(Items from a data source)
───

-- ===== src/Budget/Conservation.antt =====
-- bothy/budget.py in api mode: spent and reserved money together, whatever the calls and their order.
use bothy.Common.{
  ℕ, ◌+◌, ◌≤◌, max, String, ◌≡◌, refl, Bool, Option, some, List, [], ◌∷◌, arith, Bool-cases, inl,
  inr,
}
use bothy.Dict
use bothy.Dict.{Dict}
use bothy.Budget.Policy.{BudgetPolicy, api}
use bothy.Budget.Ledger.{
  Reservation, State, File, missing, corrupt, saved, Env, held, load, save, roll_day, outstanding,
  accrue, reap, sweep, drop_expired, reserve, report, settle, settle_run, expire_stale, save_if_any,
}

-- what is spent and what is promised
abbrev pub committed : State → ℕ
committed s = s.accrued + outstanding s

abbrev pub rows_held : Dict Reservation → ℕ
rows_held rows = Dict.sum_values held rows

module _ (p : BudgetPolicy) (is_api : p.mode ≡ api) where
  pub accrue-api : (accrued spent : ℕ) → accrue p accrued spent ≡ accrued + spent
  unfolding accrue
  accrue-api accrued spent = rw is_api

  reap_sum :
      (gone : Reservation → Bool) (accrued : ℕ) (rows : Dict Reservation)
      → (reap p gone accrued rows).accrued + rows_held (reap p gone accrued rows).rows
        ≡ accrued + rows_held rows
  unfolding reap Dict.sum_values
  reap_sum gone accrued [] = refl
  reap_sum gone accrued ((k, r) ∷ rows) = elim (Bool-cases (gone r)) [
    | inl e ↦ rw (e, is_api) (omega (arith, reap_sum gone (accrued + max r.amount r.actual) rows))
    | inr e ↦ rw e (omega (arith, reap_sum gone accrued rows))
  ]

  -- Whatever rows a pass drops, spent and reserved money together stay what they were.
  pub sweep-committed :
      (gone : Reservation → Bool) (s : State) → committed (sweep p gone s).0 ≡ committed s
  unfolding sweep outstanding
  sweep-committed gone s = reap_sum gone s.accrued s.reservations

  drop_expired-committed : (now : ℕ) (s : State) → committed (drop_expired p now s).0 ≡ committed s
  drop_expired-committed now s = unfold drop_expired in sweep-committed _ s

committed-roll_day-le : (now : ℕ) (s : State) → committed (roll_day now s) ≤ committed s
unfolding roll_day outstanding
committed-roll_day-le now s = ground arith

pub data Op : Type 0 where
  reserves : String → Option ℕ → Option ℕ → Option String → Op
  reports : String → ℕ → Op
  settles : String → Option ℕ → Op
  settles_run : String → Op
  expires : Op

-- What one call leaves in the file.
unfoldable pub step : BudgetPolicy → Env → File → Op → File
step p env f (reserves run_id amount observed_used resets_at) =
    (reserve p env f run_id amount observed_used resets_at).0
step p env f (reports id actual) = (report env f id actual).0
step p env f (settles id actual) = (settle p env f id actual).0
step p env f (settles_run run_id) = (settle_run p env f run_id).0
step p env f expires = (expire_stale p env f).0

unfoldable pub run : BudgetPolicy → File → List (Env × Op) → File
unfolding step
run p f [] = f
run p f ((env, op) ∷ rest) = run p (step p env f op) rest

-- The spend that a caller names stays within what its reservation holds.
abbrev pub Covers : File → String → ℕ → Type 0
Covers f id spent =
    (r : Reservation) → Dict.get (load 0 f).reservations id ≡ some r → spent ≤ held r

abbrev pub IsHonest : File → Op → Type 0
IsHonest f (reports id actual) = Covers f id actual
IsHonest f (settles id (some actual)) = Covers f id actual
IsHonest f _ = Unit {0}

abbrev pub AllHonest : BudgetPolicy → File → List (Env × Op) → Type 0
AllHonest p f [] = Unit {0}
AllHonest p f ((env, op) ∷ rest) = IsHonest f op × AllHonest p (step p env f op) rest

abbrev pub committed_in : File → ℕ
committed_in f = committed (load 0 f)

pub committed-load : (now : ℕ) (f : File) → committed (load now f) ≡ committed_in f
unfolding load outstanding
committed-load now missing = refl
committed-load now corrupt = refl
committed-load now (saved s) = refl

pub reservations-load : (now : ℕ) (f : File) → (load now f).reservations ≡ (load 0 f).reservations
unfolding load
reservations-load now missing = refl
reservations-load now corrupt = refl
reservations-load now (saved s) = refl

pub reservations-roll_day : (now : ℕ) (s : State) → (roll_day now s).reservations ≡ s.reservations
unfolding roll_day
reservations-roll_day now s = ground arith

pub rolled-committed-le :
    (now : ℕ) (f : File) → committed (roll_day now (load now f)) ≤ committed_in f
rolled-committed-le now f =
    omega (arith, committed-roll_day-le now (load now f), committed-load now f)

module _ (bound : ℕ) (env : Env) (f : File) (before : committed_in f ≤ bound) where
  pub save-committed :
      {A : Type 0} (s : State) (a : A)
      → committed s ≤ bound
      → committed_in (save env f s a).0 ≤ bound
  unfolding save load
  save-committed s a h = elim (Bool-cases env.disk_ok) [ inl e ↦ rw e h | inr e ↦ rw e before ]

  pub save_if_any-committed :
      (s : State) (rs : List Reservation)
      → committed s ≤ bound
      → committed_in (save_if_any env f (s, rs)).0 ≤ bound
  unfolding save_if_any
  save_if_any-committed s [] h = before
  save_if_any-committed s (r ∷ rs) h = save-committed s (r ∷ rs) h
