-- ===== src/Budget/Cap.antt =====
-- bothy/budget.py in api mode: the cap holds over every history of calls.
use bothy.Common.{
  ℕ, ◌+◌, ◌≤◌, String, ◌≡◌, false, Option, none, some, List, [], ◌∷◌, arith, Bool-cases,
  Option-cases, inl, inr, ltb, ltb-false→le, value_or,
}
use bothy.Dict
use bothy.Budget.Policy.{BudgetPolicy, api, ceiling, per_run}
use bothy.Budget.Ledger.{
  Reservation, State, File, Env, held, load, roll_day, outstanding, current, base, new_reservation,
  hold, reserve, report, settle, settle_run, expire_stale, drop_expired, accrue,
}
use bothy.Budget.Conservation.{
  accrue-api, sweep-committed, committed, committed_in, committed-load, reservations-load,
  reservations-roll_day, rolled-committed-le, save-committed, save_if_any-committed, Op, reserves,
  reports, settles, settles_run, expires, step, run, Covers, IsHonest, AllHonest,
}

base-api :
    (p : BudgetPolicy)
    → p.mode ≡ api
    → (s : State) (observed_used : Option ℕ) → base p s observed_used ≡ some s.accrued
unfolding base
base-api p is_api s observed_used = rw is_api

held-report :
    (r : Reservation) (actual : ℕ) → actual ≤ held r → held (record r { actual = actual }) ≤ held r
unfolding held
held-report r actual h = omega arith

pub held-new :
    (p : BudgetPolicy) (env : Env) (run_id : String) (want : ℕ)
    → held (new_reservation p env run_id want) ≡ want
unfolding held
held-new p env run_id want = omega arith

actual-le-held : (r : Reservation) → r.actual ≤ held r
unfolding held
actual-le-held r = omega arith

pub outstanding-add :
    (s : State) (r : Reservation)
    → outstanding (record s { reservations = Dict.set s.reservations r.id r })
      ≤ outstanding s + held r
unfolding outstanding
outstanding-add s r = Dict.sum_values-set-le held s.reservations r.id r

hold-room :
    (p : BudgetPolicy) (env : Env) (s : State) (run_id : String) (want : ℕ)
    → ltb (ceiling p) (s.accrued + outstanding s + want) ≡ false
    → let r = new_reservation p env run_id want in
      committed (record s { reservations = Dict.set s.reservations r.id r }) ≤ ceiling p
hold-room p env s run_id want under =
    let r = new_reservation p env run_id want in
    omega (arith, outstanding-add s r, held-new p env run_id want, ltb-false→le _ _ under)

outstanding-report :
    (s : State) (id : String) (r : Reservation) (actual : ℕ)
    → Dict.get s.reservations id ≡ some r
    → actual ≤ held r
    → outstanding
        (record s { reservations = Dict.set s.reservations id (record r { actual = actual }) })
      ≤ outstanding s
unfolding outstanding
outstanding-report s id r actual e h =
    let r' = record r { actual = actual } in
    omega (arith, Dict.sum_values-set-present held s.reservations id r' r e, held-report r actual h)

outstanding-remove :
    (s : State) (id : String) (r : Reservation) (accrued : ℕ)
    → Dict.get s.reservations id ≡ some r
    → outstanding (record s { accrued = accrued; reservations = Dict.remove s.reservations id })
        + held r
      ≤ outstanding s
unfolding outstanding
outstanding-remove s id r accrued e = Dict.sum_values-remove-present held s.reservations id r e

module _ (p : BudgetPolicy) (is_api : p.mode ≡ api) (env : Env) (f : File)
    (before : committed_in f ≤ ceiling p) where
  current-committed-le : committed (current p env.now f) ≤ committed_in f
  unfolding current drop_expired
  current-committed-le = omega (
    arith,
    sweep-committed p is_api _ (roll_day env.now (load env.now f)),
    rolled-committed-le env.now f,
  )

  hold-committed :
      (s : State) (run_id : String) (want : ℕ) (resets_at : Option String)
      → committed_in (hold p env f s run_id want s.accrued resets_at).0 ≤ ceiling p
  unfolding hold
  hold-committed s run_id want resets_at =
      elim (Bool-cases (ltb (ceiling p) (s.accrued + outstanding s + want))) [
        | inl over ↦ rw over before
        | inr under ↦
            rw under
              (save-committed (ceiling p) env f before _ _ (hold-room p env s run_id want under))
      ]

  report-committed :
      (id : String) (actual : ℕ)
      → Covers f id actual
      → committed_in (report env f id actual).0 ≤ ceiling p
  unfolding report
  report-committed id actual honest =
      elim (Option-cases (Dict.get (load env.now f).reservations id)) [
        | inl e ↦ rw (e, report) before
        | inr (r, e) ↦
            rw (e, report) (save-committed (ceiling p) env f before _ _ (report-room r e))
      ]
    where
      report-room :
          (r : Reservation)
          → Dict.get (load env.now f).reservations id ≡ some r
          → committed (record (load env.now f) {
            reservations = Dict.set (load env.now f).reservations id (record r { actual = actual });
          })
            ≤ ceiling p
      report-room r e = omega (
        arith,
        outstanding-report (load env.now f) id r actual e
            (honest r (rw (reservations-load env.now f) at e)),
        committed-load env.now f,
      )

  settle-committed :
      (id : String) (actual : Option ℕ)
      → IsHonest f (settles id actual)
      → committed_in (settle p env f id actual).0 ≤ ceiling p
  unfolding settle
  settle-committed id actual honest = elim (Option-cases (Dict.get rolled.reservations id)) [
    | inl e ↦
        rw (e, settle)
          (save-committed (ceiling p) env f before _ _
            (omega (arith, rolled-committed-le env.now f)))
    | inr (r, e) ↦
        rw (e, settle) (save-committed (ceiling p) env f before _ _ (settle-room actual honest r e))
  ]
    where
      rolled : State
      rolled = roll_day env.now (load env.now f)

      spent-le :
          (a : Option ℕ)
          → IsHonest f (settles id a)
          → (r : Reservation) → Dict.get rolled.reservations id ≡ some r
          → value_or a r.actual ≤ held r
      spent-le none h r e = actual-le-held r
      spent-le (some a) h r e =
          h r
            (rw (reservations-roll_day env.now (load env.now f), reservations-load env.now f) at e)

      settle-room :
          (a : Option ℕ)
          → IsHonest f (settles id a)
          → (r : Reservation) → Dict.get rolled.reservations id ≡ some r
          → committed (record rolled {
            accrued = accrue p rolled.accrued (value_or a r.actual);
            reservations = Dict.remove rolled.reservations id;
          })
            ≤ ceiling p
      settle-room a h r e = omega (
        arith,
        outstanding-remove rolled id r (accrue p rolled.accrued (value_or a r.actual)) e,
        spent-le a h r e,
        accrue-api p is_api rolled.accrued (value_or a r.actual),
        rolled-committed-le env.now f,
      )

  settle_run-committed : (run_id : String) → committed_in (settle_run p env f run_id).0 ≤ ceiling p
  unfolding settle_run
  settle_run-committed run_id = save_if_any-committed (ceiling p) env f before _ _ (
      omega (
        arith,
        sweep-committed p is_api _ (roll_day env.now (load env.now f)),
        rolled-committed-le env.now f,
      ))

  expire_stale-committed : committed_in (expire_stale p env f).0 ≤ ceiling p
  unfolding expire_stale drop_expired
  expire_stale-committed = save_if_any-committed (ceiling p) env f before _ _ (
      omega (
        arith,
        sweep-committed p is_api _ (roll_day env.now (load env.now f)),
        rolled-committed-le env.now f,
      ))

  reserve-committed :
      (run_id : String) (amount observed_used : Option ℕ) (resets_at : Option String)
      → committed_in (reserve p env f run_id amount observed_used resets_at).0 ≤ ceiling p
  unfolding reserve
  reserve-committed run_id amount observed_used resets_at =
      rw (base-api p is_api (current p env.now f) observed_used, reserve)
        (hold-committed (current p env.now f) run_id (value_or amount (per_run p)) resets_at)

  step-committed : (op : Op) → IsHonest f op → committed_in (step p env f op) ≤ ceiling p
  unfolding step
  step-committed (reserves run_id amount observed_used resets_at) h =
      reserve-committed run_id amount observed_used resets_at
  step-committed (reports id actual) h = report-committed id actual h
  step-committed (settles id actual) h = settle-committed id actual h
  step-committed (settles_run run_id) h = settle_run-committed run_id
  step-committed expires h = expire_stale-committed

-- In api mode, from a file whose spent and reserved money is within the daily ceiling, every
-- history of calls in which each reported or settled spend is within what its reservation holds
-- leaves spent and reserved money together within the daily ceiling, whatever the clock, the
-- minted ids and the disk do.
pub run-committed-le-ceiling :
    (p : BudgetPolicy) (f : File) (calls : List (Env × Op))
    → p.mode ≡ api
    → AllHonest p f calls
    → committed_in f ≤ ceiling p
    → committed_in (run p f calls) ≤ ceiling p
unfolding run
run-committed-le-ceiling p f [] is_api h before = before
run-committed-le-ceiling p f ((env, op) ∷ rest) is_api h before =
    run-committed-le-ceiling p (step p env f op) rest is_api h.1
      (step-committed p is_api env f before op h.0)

───

Directions: What is needed is every line from the start of the entries through the line containing "reap_sum gone accrued ((k, r)", returned word for word and nothing else.

Written solution:
-- ===== src/Budget/Conservation.antt =====
-- bothy/budget.py in api mode: spent and reserved money together, whatever the calls and their order.
use bothy.Common.{
  ℕ, ◌+◌, ◌≤◌, max, String, ◌≡◌, refl, Bool, Option, some, List, [], ◌∷◌, arith, Bool-cases, inl,
  inr,
}
use bothy.Dict
use bothy.Dict.{Dict}
use bothy.Budget.Policy.{BudgetPolicy, api}
use bothy.Budget.Ledger.{
  Reservation, State, File, missing, corrupt, saved, Env, held, load, save, roll_day, outstanding,
  accrue, reap, sweep, drop_expired, reserve, report, settle, settle_run, expire_stale, save_if_any,
}

-- what is spent and what is promised
abbrev pub committed : State → ℕ
committed s = s.accrued + outstanding s

abbrev pub rows_held : Dict Reservation → ℕ
rows_held rows = Dict.sum_values held rows

module _ (p : BudgetPolicy) (is_api : p.mode ≡ api) where
  pub accrue-api : (accrued spent : ℕ) → accrue p accrued spent ≡ accrued + spent
  unfolding accrue
  accrue-api accrued spent = rw is_api

  reap_sum :
      (gone : Reservation → Bool) (accrued : ℕ) (rows : Dict Reservation)
      → (reap p gone accrued rows).accrued + rows_held (reap p gone accrued rows).rows
        ≡ accrued + rows_held rows
  unfolding reap Dict.sum_values
  reap_sum gone accrued [] = refl
  reap_sum gone accrued ((k, r) ∷ rows) = elim (Bool-cases (gone r)) [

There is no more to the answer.